Tom got tonsillitis not but last week, which was accompanied with a roaring fever that I though might have been H1N1. Went to the hospital, was masked, isolated, tested, and negative. Tonsils were the size of golfballs, mind you. However, he's shrugged it off pretty well this time and is back at work, and singing with his dulcet tones. It's had him pretty down, the continuous sickness, and I feel like I've run out of ideas as to what to do. My bedside manner has pretty much been reduced to an incredulous "again?" Which is just terrible. Anyway, we've resolved to shove vitamins down his neck each morning, keep away from mad partying, rest, eat well, exercise, that kind of malarky... if that doesn't help, I don't know what will.
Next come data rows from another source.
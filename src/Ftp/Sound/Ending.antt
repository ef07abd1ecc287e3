-- ===== src/Ftp/Sound/Ending.antt =====
-- Letting clients go, one and all, source/ftp.c, from a sound state.
use ftpii.Base.{
  ℕ, zero, suc, ◌+◌, ◌<◌, ◌≤◌, ◌≡◌, refl, sym, ap, subst, ◌∙◌, inl, inr, Option, none, some, arith,
  codes, get_elem?, Option-cases, Bool-cases, ◌==◌,
}
use ftpii.Os.{Os}
use ftpii.World.{World, Ftp, M, pure}
use ftpii.World.Triple.{Ensures, ended, Ensures-mono, Ensures-bind}
use ftpii.Ftp.Session.{Serves-unchanged, write_reply-Serves}
use ftpii.Ftp.Cleanup.{clear_slot, slot_at, each_client, cleanup_client, dismiss, cleanup_ftp}
use ftpii.Ftp.Cleanup.Release.{cleanup_client-Released}
use ftpii.Ftp.Cleanup.Table.{
  In, occupied, In-get_elem?, get_elem?-below, clear_slot-empties, clear_slot-removes,
  occupied-zero, occupied-In,
}
use ftpii.Ftp.Sound.{Sound, Released-Sound}

-- The slots below `i` are empty.
abbrev Empty : ℕ → Ftp → Type 0
Empty i f = (k : ℕ) → k < i → get_elem? f.clients k ≡ some none

one_more :
    (i p : ℕ) (u v : Ftp)
    → Sound u
    → Empty i u
    → get_elem? u.clients i ≡ some (some p)
    → v.clients ≡ clear_slot p u.clients
    → Empty (suc i) v
one_more i p u v s m h e k l = ap (λ t. get_elem? t k) e ∙ elim (Bool-cases (k == i)) [
  | inl same ↦
      clear_slot-empties p k u.clients (some p) s.tabled
        (subst (λ n. get_elem? u.clients n ≡ some (some p)) (ground arith) h) (inr refl)
  | inr other ↦ clear_slot-empties p k u.clients none s.tabled (m k (ground arith)) (inl refl)
]

no_client : (f : Ftp) → Sound f → occupied f.clients ≡ 0 → (q : ℕ) → f.heap q ≡ none
no_client f s h q = elim (Option-cases (f.heap q)) [
  | inl e ↦ e
  | inr (c, e) ↦ let one = occupied-In q f.clients (s.listed q c e) in absurd (omega arith)
]

module _ ⦃os : Os⦄ where
  -- From a sound state, `cleanup_client` on a client of the table always comes back and uses no dead
  -- pointer; the state is then sound again, and the client is gone from the table.
  pub cleanup_client-Sound :
      (p : ℕ) (w : World)
      → Sound w.ftp
      → In p w.ftp.clients
      → Ensures (cleanup_client p w) (λ _ w'.
        Sound w'.ftp × (¬ In p w'.ftp.clients) × (w'.ftp.clients ≡ clear_slot p w.ftp.clients))
  cleanup_client-Sound p w s i =
      let (c, h) = s.live p i in
      Ensures-mono (cleanup_client-Released p c w h (s.jobs p c h) (s.opens p c h)) λ _ w' r.
        let table : w'.ftp.clients ≡ clear_slot p w.ftp.clients =
          ap (λ (f : Ftp). f.clients) r.same in
        (
          Released-Sound c h r s,
          subst (λ t. ¬ In p t) (sym table) (clear_slot-removes p w.ftp.clients s.tabled),
          table,
        )

  -- The goodbye to the client in a slot.
  dismiss-Empty :
      (i p : ℕ) (w : World)
      → Sound w.ftp
      → Empty i w.ftp
      → get_elem? w.ftp.clients i ≡ some (some p)
      → Ensures (dismiss p w) (λ _ w'. Sound w'.ftp × Empty (suc i) w'.ftp)
  unfolding dismiss
  dismiss-Empty i p w s m h =
      let (c, here) = s.live p (In-get_elem? i p w.ftp.clients h) in
      Ensures-bind
        (write_reply-Serves p 421 (codes "Service not available, closing control connection.") c w
          here)
        λ _ w1 t.
          let e = sym (Serves-unchanged here t) in
          let h1 : get_elem? w1.ftp.clients i ≡ some (some p) =
            subst (λ (f : Ftp). get_elem? f.clients i ≡ some (some p)) e h in
          Ensures-mono
            (cleanup_client-Sound p w1 (subst Sound e s) (In-get_elem? i p w1.ftp.clients h1))
            λ _ w2 r.
              (r.0, one_more i p w1.ftp w2.ftp (subst Sound e s) (subst (Empty i) e m) h1 r.2)

  at_slot :
      (i : ℕ) (slot : Option ℕ) (w : World)
      → Sound w.ftp
      → Empty i w.ftp
      → get_elem? w.ftp.clients i ≡ some slot
      → Ensures
          ((elim slot as (λ _. M (Unit {0})) [ none ↦ pure tt | some p ↦ dismiss p ]) w)
          (λ _ w'. Sound w'.ftp × Empty (suc i) w'.ftp)
  at_slot i none w s m h = ended (
    s,
    λ k l. elim (Bool-cases (k == i)) [
      | inl e ↦ subst (λ n. get_elem? w.ftp.clients n ≡ some none) (ground arith) h
      | inr n ↦ m k (ground arith)
    ],
  )
  at_slot i (some p) w s m h = dismiss-Empty i p w s m h

  goodbyes :
      (rounds i : ℕ) (w : World)
      → Sound w.ftp
      → Empty i w.ftp
      → i + rounds ≤ 5
      → Ensures (each_client dismiss rounds i w) (λ _ w'. Sound w'.ftp × Empty (i + rounds) w'.ftp)
  unfolding each_client slot_at
  goodbyes zero i w s m h = ended (s, subst (λ n. Empty n w.ftp) (omega arith) m)
  goodbyes (suc rounds) i w s m h =
      let (slot, e) =
        get_elem?-below i w.ftp.clients (subst (λ n. i < n) (sym s.size) (omega arith)) in
      rw (e, slot_at)
        (Ensures-bind (at_slot i slot w s m e) λ _ w1 r.
          Ensures-mono
            (goodbyes rounds (i + 1) w1 r.0 (subst (λ n. Empty n w1.ftp) (omega arith) r.1)
              (omega arith))
            λ _ w2 t. (t.0, subst (λ n. Empty n w2.ftp) (omega arith) t.1))

  -- From a sound state, `cleanup_ftp` always comes back and uses no dead pointer; the state is then
  -- sound, and there is no client left.
  pub cleanup_ftp-Empties :
      (w : World)
      → Sound w.ftp
      → Ensures
          (cleanup_ftp w)
          (λ _ w'. Sound w'.ftp × ((q : ℕ) → w'.ftp.heap q ≡ none) × (w'.ftp.num_clients ≡ 0))
  unfolding cleanup_ftp
  cleanup_ftp-Empties w s =
      Ensures-mono (goodbyes 5 0 w s (λ k h. absurd (omega arith)) (omega arith)) λ _ w' r.
        let nobody = occupied-zero w'.ftp.clients (λ i h. r.1 i (subst (λ n. i < n) r.0.size h)) in
        (r.0, no_client w'.ftp r.0 nobody, r.0.count ∙ nobody)
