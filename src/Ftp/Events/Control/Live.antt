-- ===== src/Ftp/Events/Control/Live.antt =====
-- `process_control_events` of source/ftp.c from a sound state.
use ftpii.Base.{
  ℕ, zero, suc, ◌+◌, ◌-◌, ◌≡◌, true, false, ◌++◌, some, refl, Bytes, contains, ltb, length,
}
use ftpii.Os.{S32, val, err, eagain, Call, Os}
use ftpii.World.{World, Client, M, pure, ◌>>◌}
use ftpii.World.Keeps.{
  After, ended, waits, After-then, After-mono, After-Ensures, Keeps-bind, Keeps-then, Keeps-pure,
  Keeps-if, Keeps-S32, Keeps-Option,
}
use ftpii.World.Apart.{call-Apart}
use ftpii.Ftp.Reply.{ftp_buffer_size, modify}
use ftpii.Ftp.Files.{is_empty}
use ftpii.Ftp.Dispatch.Live.{process_command-Live}
use ftpii.Ftp.Cleanup.{cleanup_client}
use ftpii.Ftp.Sound.{Sound}
use ftpii.Ftp.Sound.Ending.{cleanup_client-Sound}
use ftpii.Ftp.Sound.Live.{
  Live, Confined-refl, Lives-frame, Serving, Live-run, Serving-Apart, Serving-modify, Serving-load,
}
use ftpii.Ftp.Events.Control.Lines.{find_crlf}
use ftpii.Ftp.Events.Control.{
  Rest, keep, hang_up, Round, leave, close, again, transferring, process_line, process_lines,
  take_bytes, control_round, process_control_events,
}

module _ ⦃os : Os⦄ where
  transferring-Live : (p : ℕ) → Serving p (transferring p)
  unfolding transferring
  transferring-Live p =
      Serving-load λ c. Keeps-Option c.data_callback (Keeps-pure false) (λ cb. Keeps-pure true)

  process_line-Live : (fuel p : ℕ) (line : Bytes) → Serving p (process_line fuel p line)
  unfolding process_line
  process_line-Live fuel p line = Keeps-if (contains b'\n' line) (Keeps-pure false) (
      Keeps-if (is_empty line) (Keeps-pure true) (
        Keeps-bind (process_command-Live fuel p line)
          λ result. Keeps-S32 result (λ n. Keeps-pure true) (λ e. Keeps-pure false)))

  process_lines-Live :
      (rounds fuel p : ℕ) (next : Bytes) → Serving p (process_lines rounds fuel p next)
  unfolding process_lines
  process_lines-Live zero fuel p next = record { run = λ w i. waits }
  process_lines-Live (suc rounds) fuel p next =
      let round = Keeps-Option (find_crlf next) (Keeps-pure (keep next)) λ found.
        Keeps-bind (transferring-Live p) λ busy. Keeps-if busy (Keeps-pure (keep next)) (
          Keeps-bind (process_line-Live fuel p found.0)
            λ ok. Keeps-if ok (process_lines-Live rounds fuel p found.1) (Keeps-pure hang_up)) in
      record { run = λ w i. round.run w i }

  rest-Live :
      (p : ℕ) (rest : Rest)
      → Serving p (elim rest as (λ _. M Round) [
        | keep next ↦ do modify p (λ d. record d { buf = next }); pure again
        | hang_up ↦ pure close
      ])
  rest-Live p (keep next) =
      Keeps-then (Serving-modify p (λ d. record d { buf = next }) (λ d. refl)) (Keeps-pure again)
  rest-Live p hang_up = Keeps-pure close

  take_bytes-Live : (fuel p : ℕ) (new : Bytes) → Serving p (take_bytes fuel p new)
  unfolding take_bytes
  take_bytes-Live fuel p new =
      Keeps-then (Serving-modify p (λ c. record c { buf = c.buf ++ new }) (λ c. refl)) (
        Keeps-if (contains 0 new) (Keeps-pure close) (
          Serving-load λ c.
            Keeps-bind (process_lines-Live (length c.buf + 1) fuel p c.buf)
              λ rest. rest-Live p rest))

  read-Live :
      (p : ℕ) (x : S32) (more : M Round)
      → Serving p more
      → Serving p (elim x as (λ _. M Round) [
        | err eagain ↦ pure leave
        | err _ ↦ pure close
        | val zero ↦ pure close
        | val (suc _) ↦ more
      ])
  read-Live p (err eagain) more k = Keeps-pure leave
  read-Live p (err _) more k = Keeps-pure close
  read-Live p (val zero) more k = Keeps-pure close
  read-Live p (val (suc n)) more k = k

  pub control_round-Live : (fuel p : ℕ) → Serving p (control_round fuel p)
  unfolding control_round
  control_round-Live fuel p = Serving-load λ c.
      Keeps-if (ltb (length c.buf) (ftp_buffer_size - 1))
        (Keeps-bind (transferring-Live p) λ busy. Keeps-if busy (Keeps-pure leave) (
          Keeps-bind
            (Serving-Apart
              (call-Apart (Call.net_read c.socket (ftp_buffer_size - 1 - length c.buf))))
            λ a.
              read-Live p a.code (take_bytes fuel p a.payload) (take_bytes-Live fuel p a.payload)))
        (Keeps-pure close)

  rounds-Sound :
      (fuel p : ℕ) (round : Round) (more : M (Unit {0})) (w : World)
      → Live p w
      → After (λ _ w'. Sound w'.ftp) (more w)
      → After
          (λ _ w'. Sound w'.ftp)
          ((elim round as (λ _. M (Unit {0})) [
            | leave ↦ pure tt
            | close ↦ cleanup_client p
            | again ↦ more
          ])
            w)
  rounds-Sound fuel p leave more w l k = ended l.0
  rounds-Sound fuel p close more w l k =
      After-mono (After-Ensures (cleanup_client-Sound p w l.0 (l.0.listed p l.1.0 l.1.1)))
        λ _ w' r. r.0
  rounds-Sound fuel p again more w l k = k

  -- From a sound state, control events at a client of the table use no dead pointer, whatever the
  -- client sends, and where they come back, the state is sound again.
  pub process_control_events-Sound :
      (fuel p : ℕ) (c : Client) (w : World)
      → Sound w.ftp
      → w.ftp.heap p ≡ some c
      → After (λ _ w'. Sound w'.ftp) (process_control_events fuel p w)
  unfolding process_control_events
  process_control_events-Sound zero p c w s h = waits
  process_control_events-Sound (suc fuel) p c w s h =
      After-then (Live-run w (control_round-Live fuel p) ((s, (c, h)), Confined-refl p w.ftp))
        λ round w1 l.
          rounds-Sound fuel p round (process_control_events fuel p) w1 l.0
            (process_control_events-Sound fuel p l.0.1.0 w1 l.0.0 l.0.1.1)
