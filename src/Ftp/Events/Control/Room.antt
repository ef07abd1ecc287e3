-- ===== src/Ftp/Events/Control/Room.antt =====
-- A round of `process_control_events` of source/ftp.c at the buffer of its client.
use ftpii.Base.{
  ℕ, zero, suc, ◌+◌, ◌-◌, ◌<◌, ◌≤◌, ◌≡◌, refl, sym, subst, ◌∙◌, inl, inr, Bool, true, false, ◌++◌,
  Option, none, some, arith, Bytes, ==-refl, Option-cases, contains, ltb, length, length-append,
  if◌then◌else◌,
}
use ftpii.Os.{S32, val, err, eagain, Call, Os}
use ftpii.World.{
  Callback, continue, World, Ftp, Client, M, Out, pure, update, load, store, call, ◌>>=◌, ◌>>◌,
}
use ftpii.World.Keeps.{Upon, Upon-done, Upon-bind, Upon-if}
use ftpii.Ftp.Reply.{ftp_buffer_size, modify}
use ftpii.Ftp.Events.Control.Lines.{find_crlf}
use ftpii.Ftp.Events.Control.Cut.{First, find_crlf-First}
use ftpii.Ftp.Events.Control.{
  Rest, keep, hang_up, Round, leave, close, again, transferring, process_line, process_lines,
  take_bytes, control_round,
}

-- The bytes and their terminator fit in the buffer.
abbrev pub Fits : Client → Type 0
Fits c = length c.buf < ftp_buffer_size

abbrev pub FitsAt : ℕ → Ftp → Type 0
FitsAt p f = (d : Client) → f.heap p ≡ some d → Fits d

-- After a round that does not close the client, what the client at `p` has fits.
abbrev pub RoundFits : ℕ → Round → World → Type 0
RoundFits p close w = Unit
RoundFits p leave w = FitsAt p w.ftp
RoundFits p again w = FitsAt p w.ftp

-- What is kept of a text is no longer than the text.
abbrev Shorter : Bytes → Rest → World → Type 0
Shorter s (keep r) w = length r ≤ length s
Shorter s hang_up w = Unit

known : (p : ℕ) (f : Ftp) (c : Client) → f.heap p ≡ some c → Fits c → FitsAt p f
known p f c h k d e =
    let same : some c ≡ some d = sym h ∙ e in let one : c ≡ d = cc in subst Fits one k

-- What an assignment leaves at the client.
modify-Upon :
    (p : ℕ) (f : Client → Client) (w : World)
    → ((c : Client) → Fits (f c))
    → Upon (λ _ w'. FitsAt p w'.ftp) (modify p f w)
unfolding modify load store
modify-Upon p f w h = elim (Option-cases (w.ftp.heap p)) [
  | inl e ↦ rw (e, load) (record { holds = λ a v k. absurd (cc) })
  | inr (c, e) ↦
      rw (e, load)
        (rw (e, store)
          (Upon-done tt _ (
            known p (record w.ftp { heap = update w.ftp.heap p (some (f c)) }) (f c)
              (rw (==-refl p) refl) (h c))))
]

module _ ⦃os : Os⦄ where
  Shorter-mono :
      (s t : Bytes) (o : Out Rest) → length t ≤ length s → Upon (Shorter t) o → Upon (Shorter s) o
  Shorter-mono s t o h u = record { holds = λ r w e. at r w (u.holds r w e) }
    where
      at : (r : Rest) (w : World) → Shorter t r w → Shorter s r w
      at (keep n) w k = omega arith
      at hang_up w k = tt

  found-Shorter :
      (rounds fuel p : ℕ) (s : Bytes) (o : Option (Bytes × Bytes)) (w : World)
      → First s o
      → ((rest : Bytes) (v : World) → Upon (Shorter rest) (process_lines rounds fuel p rest v))
      → Upon (Shorter s) (
          (elim o as (λ _. M Rest) [
            | none ↦ pure (keep s)
            | some (line, rest) ↦ do
              busy ← transferring p
              if busy then pure (keep s) else (do
                ok ← process_line fuel p line
                if ok then process_lines rounds fuel p rest else pure hang_up)
          ])
            w)
  found-Shorter rounds fuel p s none w f ih = Upon-done (keep s) w (omega arith)
  found-Shorter rounds fuel p s (some (line, rest)) w f ih =
      Upon-bind (transferring p w) _ λ busy v e.
        Upon-if busy _ _ (λ y. Upon-done (keep s) v (omega arith))
          λ n. Upon-bind (process_line fuel p line v) _ λ ok u e'.
            Upon-if ok _ _ (λ y. Shorter-mono s rest _ (omega (arith, f.1)) (ih rest u))
              (λ m. Upon-done hang_up u tt)

  process_lines-Shorter :
      (rounds fuel p : ℕ) (s : Bytes) (w : World)
      → Upon (Shorter s) (process_lines rounds fuel p s w)
  unfolding process_lines
  process_lines-Shorter zero fuel p s w = record { holds = λ r v e. absurd (cc) }
  process_lines-Shorter (suc rounds) fuel p s w =
      found-Shorter rounds fuel p s (find_crlf s) w (find_crlf-First s)
        (λ rest v. process_lines-Shorter rounds fuel p rest v)

  -- What follows the lines.
  rest-RoundFits :
      (p : ℕ) (r : Rest) (s : Bytes) (w : World)
      → length s < ftp_buffer_size
      → Shorter s r w
      → Upon (RoundFits p) (
          (elim r as (λ _. M Round) [
            | keep next ↦ do modify p (λ d. record d { buf = next }); pure again
            | hang_up ↦ pure close
          ])
            w)
  rest-RoundFits p (keep next) s w h k =
      Upon-bind (modify p (λ d. record d { buf = next }) w) _ λ a v e.
        Upon-done again v
          ((modify-Upon p (λ d. record d { buf = next }) w (λ c. omega arith)).holds a v e)
  rest-RoundFits p hang_up s w h k = Upon-done close w tt

  lines-RoundFits :
      (fuel p : ℕ) (s : Bytes) (w : World)
      → length s < ftp_buffer_size
      → Upon (RoundFits p) (
          (process_lines (length s + 1) fuel p s >>= λ r. elim r as (λ _. M Round) [
            | keep next ↦ do modify p (λ d. record d { buf = next }); pure again
            | hang_up ↦ pure close
          ])
            w)
  lines-RoundFits fuel p s w h = Upon-bind (process_lines (length s + 1) fuel p s w) _ λ r v e.
      rest-RoundFits p r s v h ((process_lines-Shorter (length s + 1) fuel p s w).holds r v e)

  take_bytes-RoundFits :
      (fuel p : ℕ) (new : Bytes) (c : Client) (w : World)
      → w.ftp.heap p ≡ some c
      → length c.buf + length new < ftp_buffer_size
      → Upon (RoundFits p) (take_bytes fuel p new w)
  unfolding take_bytes modify
  take_bytes-RoundFits fuel p new c w h k =
      let text = c.buf ++ new in
      rw (h, load)
        (rw (h, store)
          (Upon-if (contains 0 new) _ _ (λ y. Upon-done close _ tt)
            λ n.
              rw (==-refl p, load)
                (lines-RoundFits fuel p text _ (omega (arith, k, length-append c.buf new)))))

  -- What follows the read into the room that is left behind the buffer.
  read-RoundFits :
      (fuel p : ℕ) (c : Client) (w v : World) (x : S32)
      → let a = os.respond w.trace (Call.net_read c.socket (ftp_buffer_size - 1 - length c.buf)) in
        a.code ≡ x
        → v.ftp.heap p ≡ some c
        → length c.buf < ftp_buffer_size - 1
        → Upon (RoundFits p) (
            (elim x as (λ _. M Round) [
              | err eagain ↦ pure leave
              | err _ ↦ pure close
              | val zero ↦ pure close
              | val (suc _) ↦ take_bytes fuel p a.payload
            ])
              v)
  read-RoundFits fuel p c w v (val zero) e h k = Upon-done close v tt
  read-RoundFits fuel p c w v (val (suc n)) e h k =
      let le = os.net_read-le w.trace c.socket (ftp_buffer_size - 1 - length c.buf) (suc n) e in
      take_bytes-RoundFits fuel p _ c v h (omega (arith, le.0, le.1, k))
  read-RoundFits fuel p c w v (err eagain) e h k =
      Upon-done leave v (known p v.ftp c h (omega arith))
  read-RoundFits fuel p c w v (err _) e h k = Upon-done close v tt

  by_callback :
      (o : Option Callback) (k : Bool → M Round) (w : World) {Q : Round → World → Type 0}
      → ((b : Bool) → Upon Q (k b w))
      → Upon Q (continue ((elim o as (λ _. M Bool) [ none ↦ pure false | some _ ↦ pure true ]) w) k)
  by_callback none k w h = h false
  by_callback (some c) k w h = h true

  pub control_round-RoundFits :
      (fuel p : ℕ) (c : Client) (w : World)
      → w.ftp.heap p ≡ some c
      → Upon (RoundFits p) (control_round fuel p w)
  unfolding control_round transferring call load
  control_round-RoundFits fuel p c w h =
      rw (h, load)
        (Upon-if (ltb (length c.buf) (ftp_buffer_size - 1)) _ _
          (λ y.
            let room : length c.buf < ftp_buffer_size - 1 = ground arith in
            rw (h, load)
              (by_callback c.data_callback _ w λ busy.
                Upon-if busy _ _ (λ t. Upon-done leave w (known p w.ftp c h (omega arith)))
                  (λ n. read-RoundFits fuel p c w _ _ refl h room)))
          (λ n. Upon-done close w tt))
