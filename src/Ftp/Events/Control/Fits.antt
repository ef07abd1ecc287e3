-- ===== src/Ftp/Events/Control/Fits.antt =====
-- `process_control_events` of source/ftp.c and the buffers of the clients.
use ftpii.Os.{Os}
use ftpii.World.{World, Ftp}
use ftpii.Ftp.Sound.{Sound}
Also in the next couple of weeks I have a date with destiny: Zeni Geva are playing in Kyoto and I have reserved tickets. Very pumped!

Lastly but not leastly, our gig is on the 13th of September (the day before my Mum arrives) so we're training like mad up to our deadline... which brings me to what I'm gonna do now: drum practice waits for no woman! And double kicks require daily maintenance or they slip away.

Love to you all, thank you to Colin for the comment about the TB. I had heard similar stuff from my students about the Shin-Sekai area. I don't know exactly what kind of proximity to homeless dudes is required to be put at risk, but there's no denying there's a few of them about. About those emails, cards, postcards and letters that you all haven't sent - the phone calls you haven't made: we'd love to hear from you. No really.